**AIM OF THE TASK**
Would you please copy each line of the listing that mentions "abbrev"?

**RECORDS SHOWN**

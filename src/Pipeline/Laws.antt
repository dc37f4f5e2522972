-- ===== src/Pipeline/Laws.antt =====
-- Late and repeated fixes, and the breach alarm (src/minemonitor/pipeline.py).
use mine_intelligence.Storage.{Session}
use mine_intelligence.Zones.Engine.{AssetZoneState}
use mine_intelligence.Notifications.Outbox.{Settings}
use mine_intelligence.Prelude.{
  All, All-weaken, Bool, Bool-cases, List, Option, String, [], any, arith, eq_iff, eq_refl, false,
  if◌then◌else◌, inl, inr, leb, ltb, none, refl, some, str_eq, true, ℕ, ◌&&◌, ◌+◌, ◌||◌, ◌∙◌, ◌∷◌,
  ◌≡◌, ◌≤◌,
}
use mine_intelligence.Prelude.Table.{Table, lookup, lookup-insert}
use mine_intelligence.Rules.Evaluate.{Position, Zone}
use mine_intelligence.Pipeline.{
  Geometry, Live, LiveSettings, all_zones, evaluate, is_future, one_zone, process_position, skips,
  state_or_new,
}

abbrev pub last_of : Option AssetZoneState → Option ℕ
last_of none = none
last_of (some state) = state.last_ts

-- A fix is late for a watermark that is not in the future when it is not newer than it, and for one
-- in the future when it arrived later than the skew allows.
abbrev pub is_late : LiveSettings → Position → Option ℕ → Bool
is_late settings fix none = false
is_late settings fix (some last_ts) =
    (leb last_ts (fix.received_at + settings.max_skew) && leb fix.ts last_ts)
    || (ltb (fix.received_at + settings.max_skew) last_ts
        && ltb (fix.ts + settings.max_skew) fix.received_at)

-- The asset's row for a zone makes the loop go on to the next zone.
abbrev IsSkipped : LiveSettings → Position → Table AssetZoneState → String → Type 0
IsSkipped settings fix states zone_id = skips settings fix (last_of (lookup states zone_id)) ≡ true

module _ (geometry : Geometry) (settings : LiveSettings) (pos : Position)
    (asset_class : String) where
  last-evaluate :
      (zone : Zone) (state : AssetZoneState) (drawn : ℕ)
      → (evaluate geometry settings pos asset_class zone state drawn).0.last_ts ≡ some pos.ts
  unfolding evaluate
  last-evaluate zone state drawn = refl

  skips_self :
      pos.ts ≤ pos.received_at + settings.max_skew → skips settings pos (some pos.ts) ≡ true
  unfolding skips
  skips_self h = ground arith

  late_of_skips :
      (found : Option AssetZoneState) (zone : Zone)
      → skips settings pos (state_or_new found pos zone).last_ts ≡ true
      → skips settings pos (last_of found) ≡ true
  unfolding state_or_new skips
  late_of_skips none zone h = h
  late_of_skips (some state) zone h = h

  skips_of_late :
      (found : Option AssetZoneState) (zone : Zone)
      → skips settings pos (last_of found) ≡ true
      → skips settings pos (state_or_new found pos zone).last_ts ≡ true
  unfolding state_or_new skips
  skips_of_late none zone h = h
  skips_of_late (some state) zone h = h

  one_zone-IsSkipped_self :
      (zone : Zone) (live : Live)
      → pos.ts ≤ pos.received_at + settings.max_skew
      → IsSkipped settings pos
          (one_zone geometry settings pos asset_class zone live).states
          zone.zone_id
  unfolding one_zone
  one_zone-IsSkipped_self zone live h =
      let state = state_or_new (lookup live.states zone.zone_id) pos zone in
      elim (Bool-cases (skips settings pos state.last_ts)) [
        | inl e ↦ rw (e, one_zone) (late_of_skips (lookup live.states zone.zone_id) zone e)
        | inr e ↦
            rw (e, one_zone)
              (rw lookup-insert (rw (eq_refl zone.zone_id) (rw last-evaluate (skips_self h))))
      ]

  one_zone-IsSkipped :
      (zone : Zone) (live : Live) (j : String)
      → pos.ts ≤ pos.received_at + settings.max_skew
      → IsSkipped settings pos live.states j
      → IsSkipped settings pos (one_zone geometry settings pos asset_class zone live).states j
  unfolding one_zone
  one_zone-IsSkipped zone live j h late =
      let state = state_or_new (lookup live.states zone.zone_id) pos zone in
      elim (Bool-cases (skips settings pos state.last_ts)) [
        | inl e ↦ rw (e, one_zone) late
        | inr e ↦
            rw (e, one_zone)
              (rw lookup-insert (elim (Bool-cases (str_eq zone.zone_id j)) [
                | inl same ↦ rw same (rw last-evaluate (skips_self h))
                | inr other ↦ rw other late
              ]))
      ]

  all_zones-IsSkipped :
      (zones : List Zone) (live : Live) (j : String)
      → pos.ts ≤ pos.received_at + settings.max_skew
      → IsSkipped settings pos live.states j
      → IsSkipped settings pos (all_zones geometry settings pos asset_class zones live).states j
  unfolding all_zones
  all_zones-IsSkipped [] live j h late = late
  all_zones-IsSkipped (z ∷ zs) live j h late =
      all_zones-IsSkipped zs (one_zone geometry settings pos asset_class z live) j h
        (one_zone-IsSkipped z live j h late)

  all_zones-IsSkipped_each :
      (zones : List Zone) (live : Live)
      → pos.ts ≤ pos.received_at + settings.max_skew
      → All
          (λ (z : Zone).
            IsSkipped settings pos
              (all_zones geometry settings pos asset_class zones live).states
              z.zone_id)
          zones
  unfolding all_zones
  all_zones-IsSkipped_each [] live h = tt
  all_zones-IsSkipped_each (z ∷ zs) live h =
      let live' = one_zone geometry settings pos asset_class z live in
      (
        all_zones-IsSkipped zs live' z.zone_id h (one_zone-IsSkipped_self z live h),
        all_zones-IsSkipped_each zs live' h,
      )

  one_zone_idle :
      (zone : Zone) (live : Live)
      → IsSkipped settings pos live.states zone.zone_id
      → one_zone geometry settings pos asset_class zone live ≡ live
  unfolding one_zone
  one_zone_idle zone live late =
      rw (skips_of_late (lookup live.states zone.zone_id) zone late, one_zone)

  all_zones_idle :
      (zones : List Zone) (live : Live)
      → All (λ (z : Zone). IsSkipped settings pos live.states z.zone_id) zones
      → all_zones geometry settings pos asset_class zones live ≡ live
  unfolding all_zones
  all_zones_idle [] live h = refl
  all_zones_idle (z ∷ zs) live h = rw (one_zone_idle z live h.0) (all_zones_idle zs live h.1)

  process_position_idle :
      (outbox : Settings) (now : ℕ) (session : Session) (zones : List Zone)
      (states : Table AssetZoneState)
      → All (λ (z : Zone). IsSkipped settings pos states z.zone_id) zones
      → process_position geometry settings outbox now session zones states asset_class pos true
        ≡ (session, states, [])
  unfolding process_position
  process_position_idle outbox now session zones states late =
      rw
        (all_zones_idle zones (record { states = states; alarms = []; drawn = session.drawn }) late)

  skips-is_late : (last_ts : Option ℕ) → skips settings pos last_ts ≡ is_late settings pos last_ts
  unfolding skips is_future
  skips-is_late none = refl
  skips-is_late (some last_ts) = ground arith

  -- A fix that is late in every zone raises nothing and changes no row: in each zone the asset has
  -- a watermark, which either is no later than the fix's arrival can be and not before the fix, or
  -- is later than that while the fix took longer to arrive than the skew allowed.
  pub process_position_late :
      (outbox : Settings) (now : ℕ) (session : Session) (zones : List Zone)
      (states : Table AssetZoneState)
      → All (λ (z : Zone). is_late settings pos (last_of (lookup states z.zone_id)) ≡ true) zones
      → process_position geometry settings outbox now session zones states asset_class pos true
        ≡ (session, states, [])
  process_position_late outbox now session zones states late =
      process_position_idle outbox now session zones states (
        All-weaken (λ (z : Zone). is_late settings pos (last_of (lookup states z.zone_id)) ≡ true)
          (λ (z : Zone). skips settings pos (last_of (lookup states z.zone_id)) ≡ true) zones
          (λ z h. skips-is_late (last_of (lookup states z.zone_id)) ∙ h) late)

  -- What a zone's watermark becomes.
  mark : Option ℕ → Option ℕ
  mark last_ts = if is_late settings pos last_ts then last_ts else some pos.ts

  mark_again : (last_ts : Option ℕ) → mark (mark last_ts) ≡ mark last_ts
  unfolding mark
  mark_again none = ground arith
  mark_again (some last_ts) = ground arith

  is_late_new :
      (found : Option AssetZoneState) (zone : Zone)
      → is_late settings pos (state_or_new found pos zone).last_ts
        ≡ is_late settings pos (last_of found)
  unfolding state_or_new
  is_late_new none zone = refl
  is_late_new (some state) zone = refl

  one_zone-mark :
      (zone : Zone) (live : Live) (j : String)
      → last_of (lookup (one_zone geometry settings pos asset_class zone live).states j) ≡ (
          if str_eq zone.zone_id j
          then mark (last_of (lookup live.states j))
          else last_of (lookup live.states j))
  unfolding one_zone mark
  one_zone-mark zone live j =
      let found = lookup live.states zone.zone_id in
      let state = state_or_new found pos zone in
      grind (
        arith,
        is_late_new found zone,
        skips-is_late state.last_ts,
        eq_iff zone.zone_id j,
        lookup-insert,
        last-evaluate zone state live.drawn,
      )

  all_zones-mark :
      (zones : List Zone) (live : Live) (j : String)
      → last_of (lookup (all_zones geometry settings pos asset_class zones live).states j) ≡ (
          if any (λ (z : Zone). str_eq z.zone_id j) zones
          then mark (last_of (lookup live.states j))
          else last_of (lookup live.states j))
  unfolding all_zones
  all_zones-mark [] live j = refl
  all_zones-mark (z ∷ zs) live j = ground (
    arith,
    all_zones-mark zs (one_zone geometry settings pos asset_class z live) j,
    one_zone-mark z live j,
    mark_again (last_of (lookup live.states j)),
  )

  -- In each of the site's zones, the asset's watermark stays where the fix is late for it, and
  -- becomes the time of the fix where it is not. A fix is late for a watermark that is no later
  -- than its arrival can be and not before it, and for a later one if it took longer to arrive than
  -- the skew allowed.
  pub last-process_position :
      (outbox : Settings) (now : ℕ) (session : Session) (zones : List Zone)
      (states : Table AssetZoneState) (j : String)
      → any (λ (z : Zone). str_eq z.zone_id j) zones ≡ true
      → let (session', states', alarms) =
          process_position geometry settings outbox now session zones states asset_class pos true in
        last_of (lookup states' j) ≡ (
          if is_late settings pos (last_of (lookup states j))
          then last_of (lookup states j)
          else some pos.ts)
  unfolding process_position mark
  last-process_position outbox now session zones states j h =
      let start : Live = record { states = states; alarms = []; drawn = session.drawn } in
      ground (arith, all_zones-mark zones start j)

  -- Processing a stored fix a second time, at any later time, raises nothing and changes no row,
  -- if the fix is not dated further ahead of its arrival than the skew allowed.
  pub process_position_again :
      (outbox : Settings) (now later : ℕ) (session : Session) (zones : List Zone)
      (states : Table AssetZoneState)
      → pos.ts ≤ pos.received_at + settings.max_skew
      → let (session', states', alarms) =
          process_position geometry settings outbox now session zones states asset_class pos true in
        process_position geometry settings outbox later session' zones states' asset_class pos true
        ≡ (session', states', [])
  unfolding process_position
  process_position_again outbox now later session zones states h =
      let start : Live = record { states = states; alarms = []; drawn = session.drawn } in
      let live = all_zones geometry settings pos asset_class zones start in
      process_position_idle outbox later
        (process_position geometry settings outbox now session zones states asset_class pos true).0
        zones live.states (all_zones-IsSkipped_each zones start h)
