-- ===== src/Zones/Engine/History.antt =====
-- The machine computes a function of the fixes it has seen (src/minemonitor/zones/engine.py).
use mine_intelligence.Prelude.{
  All, Bool, List, Option, String, [], arith, false, if◌then◌else◌, leb, ltb, none, not, refl, some,
  sym, true, ℕ, ◌&&◌, ◌++◌, ◌+◌, ◌<◌, ◌==◌, ◌||◌, ◌∙◌, ◌∷◌, ◌≡◌, ◌≤◌,
}
use mine_intelligence.Rules.Config.{RuleConfig}
use mine_intelligence.Zones.Engine.{AssetZoneState, Transition, breaks_run, entry, exit, step}

-- What the machine is told of one fix.
pub record Reading : Type 0 where
  pub inside_raw : Bool
  pub dist_outside_m : ℕ
  pub ts : ℕ

-- A row as `get_or_create_state` makes it.
abbrev pub fresh : String → String → String → AssetZoneState
fresh site asset zone = record {
  site_id = site;
  asset_id = asset;
  zone_id = zone;
  inside = false;
  consec_in = 0;
  consec_out = 0;
  entered_at = none;
  overspeed_consec = 0;
  overspeed_fired = false;
  stationary_since = none;
  dwell_fired = false;
  last_ts = none;
}

-- A change of membership.
unfoldable pub edge : Bool → Bool → Option Transition
edge false true = some entry
edge true false = some exit
edge _ _ = none

module _ (cfg : RuleConfig) (max_gap_s : Option ℕ) where
  -- The row after some fixes, the newest first; the caller sets `last_ts` behind each step.
  unfoldable pub after : AssetZoneState → List Reading → AssetZoneState
  after s [] = s
  after s (r ∷ rs) = record (step (after s rs) r.inside_raw r.dist_outside_m r.ts cfg max_gap_s).0 {
    last_ts = some r.ts;
  }

  unfoldable pub newest : List Reading → Option ℕ
  newest [] = none
  newest (r ∷ rs) = some r.ts

  -- How many fixes up to the newest are inside, none of them after a break.
  unfoldable pub run_length : List Reading → ℕ
  run_length [] = 0
  run_length (r ∷ rs) =
      let run = run_length rs in
      if r.inside_raw then (if breaks_run (newest rs) r.ts max_gap_s then 1 else run + 1) else 0

  -- When that run began.
  unfoldable pub run_start : List Reading → ℕ
  run_start [] = 0
  run_start (r ∷ rs) =
      let start = run_start rs in
      if breaks_run (newest rs) r.ts max_gap_s || run_length rs == 0 then r.ts else start

  -- How many fixes lie beyond the buffer since the last fix inside or the last break.
  unfoldable pub out_count : List Reading → ℕ
  out_count [] = 0
  out_count (r ∷ rs) =
      let out = out_count rs in
      if r.inside_raw
      then 0
      else (if breaks_run (newest rs) r.ts max_gap_s then 0 else out)
        + (if ltb cfg.hysteresis_m r.dist_outside_m then 1 else 0)

  -- Membership, from the history alone.
  unfoldable pub is_inside : List Reading → Bool
  is_inside [] = false
  is_inside (r ∷ rs) =
      let was = is_inside rs in
      if was
      then not (leb cfg.exit_debounce (out_count (r ∷ rs)))
      else r.inside_raw
        && (leb cfg.debounce_in (run_length (r ∷ rs))
            && leb (run_start (r ∷ rs) + cfg.min_entry_dwell_s) r.ts)

  -- The row agrees with the history.
  record Agrees (s : AssetZoneState) (rs : List Reading) : Type 0 where
    last : s.last_ts ≡ newest rs
    run : s.consec_in ≡ run_length rs
    out : s.consec_out ≡ out_count rs
    membership : s.inside ≡ is_inside rs
    start : s.inside ≡ false → 0 < s.consec_in → s.entered_at ≡ some (run_start rs)

  module _ (in_pos : 0 < cfg.debounce_in) (out_pos : 0 < cfg.exit_debounce) where
    step-Agrees :
        (s : AssetZoneState) (r : Reading) (rs : List Reading)
        → Agrees s rs
        → Agrees
            (record (step s r.inside_raw r.dist_outside_m r.ts cfg max_gap_s).0 {
              last_ts = some r.ts;
            })
            (r ∷ rs)
    unfolding step newest run_length out_count is_inside run_start
    step-Agrees s r rs h = ground arith

    after-Agrees :
        (site asset zone : String) (rs : List Reading)
        → Agrees (after (fresh site asset zone) rs) rs
    unfolding after newest run_length out_count is_inside
    after-Agrees site asset zone [] = record {
      last = refl;
      run = refl;
      out = refl;
      membership = refl;
      start = λ e h. absurd (omega arith);
    }
    after-Agrees site asset zone (r ∷ rs) =
        step-Agrees (after (fresh site asset zone) rs) r rs (after-Agrees site asset zone rs)

    -- Where both debounce counts are positive, a new row's membership after any fixes is the one
    -- that the history defines: entered once the unbroken run of inside fixes has `debounce_in`
    -- of them over the entry dwell, left once `exit_debounce` fixes since the last inside fix or
    -- break lie beyond the buffer.
    pub inside-after :
        (site asset zone : String) (rs : List Reading)
        → (after (fresh site asset zone) rs).inside ≡ is_inside rs
    inside-after site asset zone rs = (after-Agrees site asset zone rs).membership

    -- The transition reported at a fix is the edge of that membership: an entry where it rises,
    -- an exit where it falls, and nothing where it stays.
    pub transition-after :
        (site asset zone : String) (r : Reading) (rs : List Reading)
        → (step
            (after (fresh site asset zone) rs)
            r.inside_raw
            r.dist_outside_m
            r.ts
            cfg
            max_gap_s).1
          ≡ edge (is_inside rs) (is_inside (r ∷ rs))
    unfolding step newest run_length out_count is_inside run_start edge
    transition-after site asset zone r rs =
        let h = after-Agrees site asset zone rs in ground (arith, h)

    out_below : (rs : List Reading) → is_inside rs ≡ true → out_count rs < cfg.exit_debounce
    unfolding is_inside out_count
    out_below [] h = cc
    out_below (r ∷ rs) h = ground arith

    band-is_inside :
        (bs rs : List Reading)
        → All (λ b. (b.inside_raw ≡ false) × (b.dist_outside_m ≤ cfg.hysteresis_m)) bs
        → is_inside rs ≡ true
        → is_inside (bs ++ rs) ≡ true
    unfolding is_inside out_count
    band-is_inside [] rs h e = e
    band-is_inside (b ∷ bs) rs h e =
        let ih = band-is_inside bs rs h.1 e in ground (arith, ih, out_below (bs ++ rs) ih, h.0)

    -- Where both debounce counts are positive, fixes outside the polygon and within the buffer, as
    -- many as they are and however long the silences between them, leave a row inside that was
    -- inside, and the machine reports no transition at the last of them.
    pub inside-after_band :
        (site asset zone : String) (b : Reading) (bs rs : List Reading)
        → All (λ c. (c.inside_raw ≡ false) × (c.dist_outside_m ≤ cfg.hysteresis_m)) (b ∷ bs)
        → (after (fresh site asset zone) rs).inside ≡ true
        → ((after (fresh site asset zone) (b ∷ (bs ++ rs))).inside ≡ true)
          × ((step
                (after (fresh site asset zone) (bs ++ rs))
                b.inside_raw
                b.dist_outside_m
                b.ts
                cfg
                max_gap_s).1
              ≡ none)
    unfolding edge
    inside-after_band site asset zone b bs rs h e =
        let was = sym (inside-after site asset zone rs) ∙ e in
        let before = band-is_inside bs rs h.1 was in
        let now = band-is_inside (b ∷ bs) rs h was in
        (
          inside-after site asset zone (b ∷ (bs ++ rs)) ∙ now,
          transition-after site asset zone b (bs ++ rs) ∙ rw (before, now) refl,
        )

**ANSWER TO THE PROBLEM**
abbrev pub last_of : Option AssetZoneState → Option ℕ
abbrev pub is_late : LiveSettings → Position → Option ℕ → Bool
abbrev IsSkipped : LiveSettings → Position → Table AssetZoneState → String → Type 0
abbrev pub fresh : String → String → String → AssetZoneState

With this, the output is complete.